Een belangrijke uitdager voor dit model was Thomas Kuhn (1922-1996) met zijn werk The Structure of Scientific Revolutions gepubliceerd in 1962. Kuhn, een voormalig natuurkundige, betoogde tegen de opvatting dat wetenschappelijke vooruitgang lineair was en dat moderne wetenschappelijke theorieën noodzakelijkerwijs gewoon nauwkeurigere versies van theorieën uit het verleden waren. Kuhns versie van wetenschappelijke ontwikkeling bestond veeleer uit dominante denkstructuren en praktijken, die hij "paradigmas" noemde, waarin onderzoek fasen doorliep van "normale wetenschap ("puzzels oplossen") en "revolutionaire wetenschap" (nieuwe theorieën uittesten op basis van nieuwe aannames, veroorzaakt door onzekerheid en crisis in bestaande theorieën). In het model van Kuhn vertegenwoordigden verschillende paradigma's totaal verschillende en onverenigbare (incommensurate) aannames over het universum. Het was dus onzeker of paradigma's verschoven op een manier die noodzakelijkerwijs berustte op een grotere waarheidsvinding. Volgens Kuhn waren de natuurkunde van Aristoteles, de klassieke mechanica van Newton en de relativiteit van Einstein totaal verschillende manieren om over de wereld na te denken; elk opeenvolgend paradigma bepaalde welke vragen over de wereld gesteld konden worden en schoof (misschien willekeurig) aspecten van het vorige paradigma terzijde die niet langer van toepassing of belangrijk leken.

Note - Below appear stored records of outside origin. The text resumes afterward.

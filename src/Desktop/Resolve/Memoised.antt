-- ===== src/Desktop/Resolve/Memoised.antt =====
-- How long an answer of `resolve` stands.
use noctalia_appmenu.Prelude.{◌+◌, ◌<◌, ◌≡◌, false, none, arith, Text, Instant, from_secs, trim}
use noctalia_appmenu.Prelude.Str.Laws.{text_eq_refl}
use noctalia_appmenu.Desktop.Resolve.{System, ResolveCache, fresh_memo, resolve}

-- Two lookups of the same trimmed `app_id` less than 60 s apart give the same entry, also where the
-- files or the environment have changed between them: where no answer is remembered at the first,
-- and the lock is not poisoned, the second answers from what the first stored, and stores nothing.
pub resolve-resolve :
    (sys sys' : System) (cache : ResolveCache) (t now : Instant) (app_id app_id' : Text)
    → cache.poisoned ≡ false
    → fresh_memo cache t (trim app_id) ≡ none
    → trim app_id' ≡ trim app_id
    → now < t + from_secs 60
    → resolve sys' (resolve sys cache t app_id).0 now app_id' ≡ resolve sys cache t app_id
unfolding resolve
resolve-resolve sys sys' cache t now app_id app_id' unpoisoned absent same soon =
    ground (arith, text_eq_refl (trim app_id))
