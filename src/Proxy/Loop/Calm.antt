-- ===== src/Proxy/Loop/Calm.antt =====
-- A window of an application that is known to have no menubar is shown at once, and does not
-- flicker.
use noctalia_appmenu.Prelude.{
  ◌≡◌, ◌≢◌, true, false, List, [], ◌∷◌, Option, none, if◌then◌else◌, ◌+◌, ◌<◌, trim, Text,
  from_secs,
}
use noctalia_appmenu.Config.{Config}
use noctalia_appmenu.Atspi.Skip.{should_skip}
use noctalia_appmenu.Desktop.Resolve.{System, fresh_memo}
use noctalia_appmenu.Proxy.Write.{Payload, is_body}
use noctalia_appmenu.Proxy.Loop.{Bridge, Round}
use noctalia_appmenu.Proxy.Loop.Pushes.{Request}

-- A body that is told at most once.
abbrev pub told : Option Text → Request → List Text
told last (forced, body) = if is_body (if forced then none else last) body then [] else body ∷ []

module _ (cfg : Config) (sys : System) (to_string : Payload → Text) where
  -- The round's window belongs to an application that is known to have no menubar, and nothing is
  -- remembered of its desktop entry; the round ends within a minute.
  pub record IsKnownBare (r : Round) (s : Bridge) : Type 0 where
    pub focused : r.snapshot.focus_pid ≢ 0
    pub configured : cfg.desktop_fallback ≡ true
    pub skipped_eager : should_skip s.learned r.eager_at r.snapshot.app_id ≡ true
    pub skipped : should_skip s.learned r.skip_at r.snapshot.app_id ≡ true
    pub unpoisoned : s.resolved.poisoned ≡ false
    pub absent : fresh_memo s.resolved r.eager_resolve_at (trim r.snapshot.app_id) ≡ none
    pub soon : r.final_resolve_at < r.eager_resolve_at + from_secs 60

Kuhn beweerde dat elk nieuw paradigma niet alleen voortbouwt op de verworvenheden van de vorige theorie, maar in wezen de oude manier om naar het universum te kijken overboord gooit en met een eigen woordenschat komt om het te beschrijven en met eigen richtlijnen om de kennis binnen het nieuwe paradigma uit te breiden.

Kuhns model ontmoette veel argwaan bij wetenschappers, historici en filosofen. Sommige wetenschappers vonden dat Kuhn te ver ging door wetenschappelijke vooruitgang van waarheid te scheiden; veel historici vonden dat zijn argument te gecodificeerd was voor iets dat zo polyvariant en historisch contingent is als wetenschappelijke verandering; en veel filosofen vonden dat het argument niet ver genoeg ging. Het uiterste van een dergelijke redenering werd naar voren gebracht door de filosoof Paul Feyerabend (1924-1994). Hij stelde dat er geen consistente methodologieën waren die door alle wetenschappers op elk moment werden gebruikt, waardoor bepaalde vormen van onderzoek als "wetenschappelijk" konden worden bestempeld op een manier waardoor ze verschilden van elke andere vorm van onderzoek, zoals hekserij. Feyerabend sprak zich fel uit tegen het idee dat falsificatie ooit echt gevolgd werd in de geschiedenis van de wetenschap, en merkte op dat wetenschappers al heel lang theorieën willekeurig als accuraat beschouwen, zelfs als ze vele tests niet doorstaan. Feyerabend betoogde dat een pluralistische methodologie zou moeten worden gebruikt voor het onderzoeken van kennis en merkte op dat veel vormen van kennis die voorheen als "niet-wetenschappelijk" werden beschouwd, later werden geaccepteerd als een geldig onderdeel van de wetenschappelijke canon.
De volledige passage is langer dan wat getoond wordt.